Barring federal employees from overtly political activity


                  The largest federal employee union in the country is suing the Office of Special Counsel (OSC) over a seemingly mild exhortation to career bureaucrats: Please do not promote the #resistance or impeachment movements during your working hours.

                  The American Federation of Government Employees (AFGE), the largest and most power federal employees’ union in the country, has challenged this directive. They claim that the OSC’s guidance memo violates its members’ right to free speech. If the AFGE wins its legal challenge, the career bureaucracy will become even more intractable and insulated from accountability.

                  In its November 2018 guidance to federal employees, the OSC points out that federal employees are barred from engaging in overtly political activity under the Hatch Act, at least while they are at work. This limitation has ordinarily been applied only to electioneering activities, not issue advocacy. In concrete terms, while bureaucrats cannot tack up campaign flyers in their cubicle, they are free to display a “Save the Whales” poster.

                  While AFGE contends that promoting the #resistance or impeachment is more like the latter than the former, the OSC disagrees. In its guidance memo, the OSC argues that terms like “resistance” are “inextricably linked with the electoral success (or failure) of the president.” Insofar as impeachment “would bar an individual from serving as president,” such statements are also “clearly directed at the failure of that candidate’s campaign for federal office,” according to the OSC.

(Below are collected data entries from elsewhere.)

-- ===== src/Vmm/Places.antt =====
-- The tables of an address space form a tree: each has a level and the number of its place in it.
use pastoral.Base.{
  ℕ, zero, suc, ◌+◌, ◌*◌, ◌%◌, ◌<◌, ◌≡◌, ◌≢◌, refl, sym, ap, ◌∙◌, true, false, Option, some, arith,
}
use pastoral.Pmm.Frames.{FreePage}
use pastoral.Vmm.{Ram, has, address, update}
use pastoral.Vmm.View.{index, view, view-zero, view-cong}

-- The level of a table and its place: 1 for the top, and `512 * q + i` behind entry `i` of place `q`.
abbrev pub Labels : Type 0
Labels = ℕ → Option (ℕ × ℕ)

pub record IsPlaced (labels : Labels) (n root : ℕ) (r : Ram) : Type 0 where
  pub top : labels root ≡ some (n, 1)
  pub aligned : (p k q : ℕ) → labels p ≡ some (k, q) → p % 0x1000 ≡ 0
  pub held : (p k q : ℕ) → labels p ≡ some (k, q) → FreePage r.modules p → ⊥
  pub child :
      (p k q i : ℕ)
      → labels p ≡ some (suc k, q)
      → i < 0x200
      → has (r.words (p + 8 * i)) 0 ≡ true
      → (k ≡ 0 → has (r.words (p + 8 * i)) 7 ≡ false)
      → labels (address (r.words (p + 8 * i))) ≡ some (k, q * 0x200 + i)

-- The place of the page of `vaddr`, seen from place `q` of level `k`.
abbrev pub place : ℕ → ℕ → ℕ → ℕ
place zero q vaddr = q * 0x200 + index 0 vaddr
place (suc k) q vaddr = place k (q * 0x200 + index (suc k) vaddr) vaddr

pub update-ne : (a v x : ℕ) (words : ℕ → ℕ) → x ≢ a → update a v words x ≡ words x
update-ne a v x words h = ground arith

pub update-eq : (a v : ℕ) (words : ℕ → ℕ) → update a v words a ≡ v
update-eq a v words = ground arith

both :
    (k q k' q' : ℕ) → ◌≡◌ {A = Option (ℕ × ℕ)} (some (k, q)) (some (k', q')) → (k ≡ k') × (q ≡ q')
both k q k' q' e = (ground arith, ground arith)

module _ {labels : Labels} {n root : ℕ} {r : Ram} (t : IsPlaced labels n root r) where
  -- An entry lies in one table only.
  pub slot_unique :
      (p p' k q k' q' i i' : ℕ)
      → labels p ≡ some (k, q)
      → labels p' ≡ some (k', q')
      → i < 0x200
      → i' < 0x200
      → p + 8 * i ≡ p' + 8 * i'
      → (k ≡ k') × (q ≡ q') × (i ≡ i')
  slot_unique p p' k q k' q' i i' e e' h h' same =
      let same_table : p ≡ p' = omega (arith, t.aligned p k q e, t.aligned p' k' q' e') in
      let (levels, places) = both k q k' q' (sym e ∙ ap labels same_table ∙ e') in
      (levels, places, omega arith)

  module _ (u entry pu qu : ℕ) (last : labels pu ≡ some (0, qu)) where
    abbrev written : ℕ → ℕ
    written = update (pu + 8 * index 0 u) entry r.words

    -- Storing an entry of a last table changes the view of no other page.
    pub view-written_ne :
        (k p q v : ℕ)
        → labels p ≡ some (k, q)
        → place k q v ≢ place 0 qu u
        → view k written p v ≡ view k r.words p v
    view-written_ne zero p q v e ne =
        let apart : p + 8 * index 0 v ≢ pu + 8 * index 0 u = λ same.
          let (_, qs, ix) =
            slot_unique p pu 0 q 0 qu (index 0 v) (index 0 u) e last (omega arith) (omega arith)
              same in
          ne (omega arith) in
        rw (view-zero written p v, view-zero r.words p v, update-ne _ entry _ r.words apart) refl
    view-written_ne (suc k) p q v e ne =
        let a : ℕ = p + 8 * index (suc k) v in
        let apart : a ≢ pu + 8 * index 0 u = λ same.
          let (levels, _, _) =
            slot_unique p pu (suc k) q 0 qu (index (suc k) v) (index 0 u) e last (omega arith)
              (omega arith) same in
          absurd (omega arith) in
        let kept : written a ≡ r.words a = update-ne _ entry _ r.words apart in
        view-cong r.words written p v k kept (λ on small.
          view-written_ne k (address (r.words a)) (q * 0x200 + index (suc k) v) v
            (t.child p k q (index (suc k) v) e (omega arith) on small) ne)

                  Whether the OSC has correctly interpreted the Hatch Act is, in a sense, beside the point. The fact that our laws, on any plausible interpretation, would allow career bureaucrats to openly promote resistance to the president and remain at their post, is troubling. Unelected bureaucrats who vocally support impeachment of and resistance to a sitting president cannot be trusted to faithfully execute the law under that president’s direction.

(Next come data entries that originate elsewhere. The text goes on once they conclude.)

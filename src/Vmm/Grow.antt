-- ===== src/Vmm/Grow.antt =====
-- A new table behind an entry that was not present.
use pastoral.Base.{
  ℕ, zero, suc, ◌+◌, ◌*◌, ◌/◌, ◌%◌, ◌^◌, ◌<◌, ◌≡◌, ◌≢◌, refl, sym, ap, ◌∙◌, ◌⊎◌, true, false, some,
  List, if◌then◌else◌, ◌==◌, ltb, arith, bit, bit_or, bit_and, bit-bit_or, bit-bit_and,
  bit_or-shift, bit_and-shift, bit_or-zero, Bool-cases, inl, inr, subst, bit-zero,
}
use native.Mathlib.Decide.{ℕ_discrete}
use pastoral.Pmm.{PmmModule}
use pastoral.Pmm.Frames.{FreePage, Handed}
use pastoral.Vmm.{Ram, has, address, update, clear_page, flags_mask}
use pastoral.Vmm.View.{
  index, present, view, view-zero, view-suc, view-absent, view-empty, view-cong,
}
use pastoral.Vmm.Places.{Labels, IsPlaced, slot_unique, update-ne, update-eq}

-- Flags: the lowest 12 digits of an entry and VMM_FLAGS_NX.
abbrev pub AreFlags : ℕ → Type 0
AreFlags flags = (flags < 2 ^ 64) × (flags % 2 ^ 63 < 0x1000)

-- The entry of a table.
abbrev pub table_entry : ℕ → ℕ → ℕ → ℕ
table_entry extra flags p = bit_or (bit_or p (bit_and flags flags_mask)) extra

module _ (extra flags p : ℕ) (aligned : p % 0x1000 ≡ 0) (small : (extra ≡ 0) ⊎ (extra ≡ 2)) where
  pub table_entry-present : has flags 0 ≡ true → has (table_entry extra flags p) 0 ≡ true
  unfolding bit
  table_entry-present h = ground (
    arith,
    bit-bit_or 0 (bit_or p (bit_and flags flags_mask)) extra,
    bit-bit_or 0 p (bit_and flags flags_mask),
    bit-bit_and 0 flags flags_mask,
  )

  pub table_entry-small : has (table_entry extra flags p) 7 ≡ false
  unfolding bit
  table_entry-small = ground (
    arith,
    bit-bit_or 7 (bit_or p (bit_and flags flags_mask)) extra,
    bit-bit_or 7 p (bit_and flags flags_mask),
    bit-bit_and 7 flags flags_mask,
    small,
  )

  pub address-table_entry : AreFlags flags → address (table_entry extra flags p) ≡ p
  address-table_entry (lt, low) =
      let high : (flags / 2 ^ 12 ≡ 0) ⊎ (flags / 2 ^ 12 ≡ 2 ^ 51) =
        elim (Bool-cases (ltb flags (2 ^ 63))) [
          | inl no_nx ↦ inl (ground arith)
          | inr nx ↦ inr (ground arith)
        ] in
      let masked : bit_and flags flags_mask / 2 ^ 12 ≡ 0 =
        bit_and-shift 12 flags flags_mask ∙ elim high [ inl z ↦ rw z refl | inr z ↦ rw z refl ] in
      let no_extra : extra / 2 ^ 12 ≡ 0 = omega arith in
      let whole : table_entry extra flags p / 2 ^ 12 ≡ p / 2 ^ 12 =
        bit_or-shift 12 (bit_or p (bit_and flags flags_mask)) extra
        ∙ rw
            (
              no_extra,
              bit_or-zero (bit_or p (bit_and flags flags_mask) / 2 ^ 12),
              bit_or-shift 12 p (bit_and flags flags_mask),
              masked,
              bit_or-zero (p / 2 ^ 12),
            )
            refl in
      omega arith

module _ {labels : Labels} {n root : ℕ} {r : Ram} (t : IsPlaced labels n root r) (p k q i : ℕ)
    (at : labels p ≡ some (suc k, q)) (lt : i < 0x200)
    (absent : has (r.words (p + 8 * i)) 0 ≡ false) (f : ℕ) (ms' : List PmmModule)
    (h : Handed r.modules f ms') (entry : ℕ) (on : has entry 0 ≡ true) (small : has entry 7 ≡ false)
    (leads : address entry ≡ f) where
  abbrev pub grown : Ram
  grown = record { words = update (p + 8 * i) entry (clear_page f r.words); modules = ms' }

  abbrev pub grown_labels : Labels
  grown_labels x = if x == f then some (k, q * 0x200 + i) else labels x

  unlabelled : (x l m : ℕ) → labels x ≡ some (l, m) → x ≢ f
  unlabelled x l m e same = t.held x l m e (subst (FreePage r.modules) (sym same) h.was_free)

  pub grown_labels-old : (x l m : ℕ) → labels x ≡ some (l, m) → grown_labels x ≡ some (l, m)
  grown_labels-old x l m e = let ne : x ≢ f = unlabelled x l m e in ground arith

  pub grown_labels-new : grown_labels f ≡ some (k, q * 0x200 + i)
  grown_labels-new = ground arith

  -- The other entries of the tables stay.
  pub words-kept :
      (x l m j : ℕ)
      → labels x ≡ some (l, m)
      → j < 0x200
      → x + 8 * j ≢ p + 8 * i
      → grown.words (x + 8 * j) ≡ r.words (x + 8 * j)
  words-kept x l m j e b ne =
      let other : x ≢ f = unlabelled x l m e in
      let low : x % 0x1000 ≡ 0 = t.aligned x l m e in
      update-ne (p + 8 * i) entry (x + 8 * j) (clear_page f r.words) ne ∙ ground (arith, h.page)

  pub words-slot : grown.words (p + 8 * i) ≡ entry
  words-slot = update-eq (p + 8 * i) entry (clear_page f r.words)

  pub words-fresh : (j : ℕ) → j < 0x200 → grown.words (f + 8 * j) ≡ 0
  words-fresh j b =
      let other : p ≢ f = unlabelled p (suc k) q at in
      let low : p % 0x1000 ≡ 0 = t.aligned p (suc k) q at in
      let ne : f + 8 * j ≢ p + 8 * i = λ e. absurd (omega (arith, h.page)) in
      update-ne (p + 8 * i) entry (f + 8 * j) (clear_page f r.words) ne ∙ ground arith

  -- No view changes.
  pub view-grown :
      (l x m v : ℕ) → labels x ≡ some (l, m) → view l grown.words x v ≡ view l r.words x v
  view-grown zero x m v e =
      let ne : x + 8 * index 0 v ≢ p + 8 * i = λ same.
        let (levels, _, _) =
          slot_unique t x p 0 m (suc k) q (index 0 v) i e at (omega arith) lt same in
        absurd (omega arith) in
      view-zero grown.words x v
      ∙ ap present (words-kept x 0 m (index 0 v) e (omega arith) ne)
      ∙ sym (view-zero r.words x v)
  view-grown (suc l) x m v e = elim (ℕ_discrete (x + 8 * index (suc l) v) (p + 8 * i)) [
    | yes same ↦
        let (levels, _, _) =
          slot_unique t x p (suc l) m (suc k) q (index (suc l) v) i e at (omega arith) lt same in
        let slot : grown.words (x + 8 * index (suc l) v) ≡ entry =
          ap grown.words same ∙ words-slot in
        let empty : view l grown.words f v ≡ 0 = view-empty l grown.words f v words-fresh in
        view-suc l grown.words x v (rw slot on) (λ z. rw slot small)
        ∙ ap (λ a. view l grown.words a v) (ap address slot ∙ leads)
        ∙ empty
        ∙ sym (view-absent l r.words x v (ap (λ (a : ℕ). has (r.words a) 0) same ∙ absent))
    | no ne ↦
        view-cong r.words grown.words x v l
          (words-kept x (suc l) m (index (suc l) v) e (omega arith) ne)
          (λ there flat.
            view-grown l (address (r.words (x + 8 * index (suc l) v))) (m * 0x200 + index (suc l) v)
              v (t.child x l m (index (suc l) v) e (omega arith) there flat))
  ]

  pub grown-IsPlaced : IsPlaced grown_labels n root grown
  grown-IsPlaced = record {
    top = grown_labels-old root n 1 t.top;
    aligned = λ x l m e. elim (ℕ_discrete x f) [
      | yes same ↦ rw same h.page
      | no ne ↦ t.aligned x l m (old x l m ne e)
    ];
    held = λ x l m e free. elim (ℕ_discrete x f) [
      | yes same ↦ (h.shrinks x free).1 same
      | no ne ↦ t.held x l m (old x l m ne e) (h.shrinks x free).0
    ];
    child = child;
  }
    where
      old : (x l m : ℕ) → x ≢ f → grown_labels x ≡ some (l, m) → labels x ≡ some (l, m)
      old x l m ne e = ground arith

      child :
          (x l m j : ℕ)
          → grown_labels x ≡ some (suc l, m)
          → j < 0x200
          → has (grown.words (x + 8 * j)) 0 ≡ true
          → (l ≡ 0 → has (grown.words (x + 8 * j)) 7 ≡ false)
          → grown_labels (address (grown.words (x + 8 * j))) ≡ some (l, m * 0x200 + j)
      child x l m j e b there flat = elim (ℕ_discrete x f) [
        | yes same ↦
            let zero_entry : grown.words (x + 8 * j) ≡ 0 =
              ap (λ (a : ℕ). grown.words (a + 8 * j)) same ∙ words-fresh j b in
            absurd (ground (arith, zero_entry, bit-zero 0))
        | no ne ↦ elim (ℕ_discrete (x + 8 * j) (p + 8 * i)) [
          | yes same ↦
              let (levels, places, ix) =
                slot_unique t x p (suc l) m (suc k) q j i (old x (suc l) m ne e) at b lt same in
              let slot : address (grown.words (x + 8 * j)) ≡ f =
                ap (λ (a : ℕ). address (grown.words a)) same ∙ ap address words-slot ∙ leads in
              ap grown_labels slot ∙ grown_labels-new ∙ ground arith
          | no other ↦
              let kept : grown.words (x + 8 * j) ≡ r.words (x + 8 * j) =
                words-kept x (suc l) m j (old x (suc l) m ne e) b other in
              ap (λ a. grown_labels (address a)) kept
              ∙ grown_labels-old (address (r.words (x + 8 * j))) l (m * 0x200 + j) (
                  t.child x l m j (old x (suc l) m ne e) b (rw (← kept) there)
                    (λ z. rw (← kept) (flat z)))
        ]
      ]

AFGE’s lawsuit is just the tip of the iceberg. Other recent incidents illustrate just how insulated career bureaucrats are from political leadership and, as a consequence, how free they are to stymie elected officials.

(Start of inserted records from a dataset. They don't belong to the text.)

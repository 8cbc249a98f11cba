-- ===== src/Identity/Envelope.antt =====
-- `validateEncryptedSessionEnvelope` and `rejectForbiddenSessionKeys` of
-- shared/bazos/identity/bazos-identity.service.ts.
use bazos.Base.{
  ℕ, Option, none, some, List, [], ◌∷◌, map, Bool, true, false, ◌&&◌, ◌||◌, String, ◌==◌, codes_eq,
  any, select, if◌then◌else◌, codes, lower_code, is_alphanumeric, trim,
}
use bazos.Json.{
  Json, Items, Fields, null, bool, number, text, arr, obj, nil, item, end, field, member,
}

abbrev pub forbidden_session_keys : List (List ℕ)
forbidden_session_keys = map codes (
    "cookie" ∷ "cookies" ∷ "rawcookie" ∷ "rawcookies" ∷ "sessioncookie" ∷ "sessioncookies"
    ∷ "password" ∷ "verificationcode" ∷ "smscode" ∷ "bankcode" ∷ "paymentdetails" ∷ "paymentcard"
    ∷ [])

unfoldable pub normalized_key : String → List ℕ
unfolding is_alphanumeric lower_code select
normalized_key key = map lower_code (select is_alphanumeric (codes key))

unfoldable pub is_forbidden : String → Bool
unfolding normalized_key any
is_forbidden key = any (λ k. k == normalized_key key) forbidden_session_keys

-- Whether a key at any depth is forbidden; the keys of an array are its indices.
unfoldable mutual
  pub has_forbidden : Json → Bool
  has_forbidden null = false
  has_forbidden (bool b) = false
  has_forbidden (number n) = false
  has_forbidden (text s) = false
  has_forbidden (arr xs) = items_forbidden xs
  has_forbidden (obj fs) = fields_forbidden fs

  pub items_forbidden : Items → Bool
  items_forbidden nil = false
  items_forbidden (item v xs) = has_forbidden v || items_forbidden xs

  pub fields_forbidden : Fields → Bool
  fields_forbidden end = false
  fields_forbidden (field k v fs) = is_forbidden k || (has_forbidden v || fields_forbidden fs)

abbrev is_filled : List ℕ → Bool
is_filled [] = false
is_filled (c ∷ cs) = true

abbrev pub is_present : Option Json → Bool
is_present (some (text s)) = is_filled (trim (codes s))
is_present v = false

unfoldable pub has_required : Fields → Bool
unfolding member trim
has_required fs =
    is_present (member "ciphertext" fs)
    && is_present (member "iv" fs)
    && is_present (member "authTag" fs)
    && is_present (member "algorithm" fs)
    && is_present (member "keyRef" fs)
    && is_present (member "capturedAt" fs)

-- The fields of an envelope that passes; `none` stands for the exception.
unfoldable pub validate_encrypted_session_envelope : Json → Option Fields
validate_encrypted_session_envelope (obj fs) =
    if fields_forbidden fs then none else (if has_required fs then some fs else none)
validate_encrypted_session_envelope v = none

                  Last month, the State Department inspector general chastised two political appointees in that department for “retaliating” against career bureaucrats that they judged to be undermining the president’s agenda. What draconian reprisals did these political appointees mete out? According to the IG, the career bureaucrats in question were excluded from “sensitive discussions” and relieved of some job responsibilities. They even had the nerve to “berate employees with raised voices.”

                  Knowing how far the scales are tipped in favor of careerists, even Peter Strzok has decided to contest his removal from the civil service. As a reminder: Mr. Strzok was fired from the FBI for using a government cellphone to text his then-girlfriend incendiary criticism of President Trump (whom he was actively investigating as a member of Robert Mueller’s team) and seemingly alluding to a conspiracy to stop his ascension to the White House.

                  Consider what all of this means when taken as a whole. A federal employee could pin up a poster announcing his resistance to President Trump and his agenda. Then, that employee could spend his working hours maligning the president and slow-rolling and subverting directives from his political appointees. But if a political appointee bars that employee from sensitive, high-level meetings or shifts that employee’s workload to someone who has not vowed to #resist, it is the political appointee who is in the wrong.

                  One need not be a devotee of the unitary executive theory to see the problem here. Since the president and his appointees cannot discipline, nor even side-step, actively oppositional career bureaucrats, there is very little reason for those bureaucrats to make a good-faith effort to fulfill an agenda they disagree with. A resident who does not meaningfully control executive branch personnel does not truly direct the execution of the law.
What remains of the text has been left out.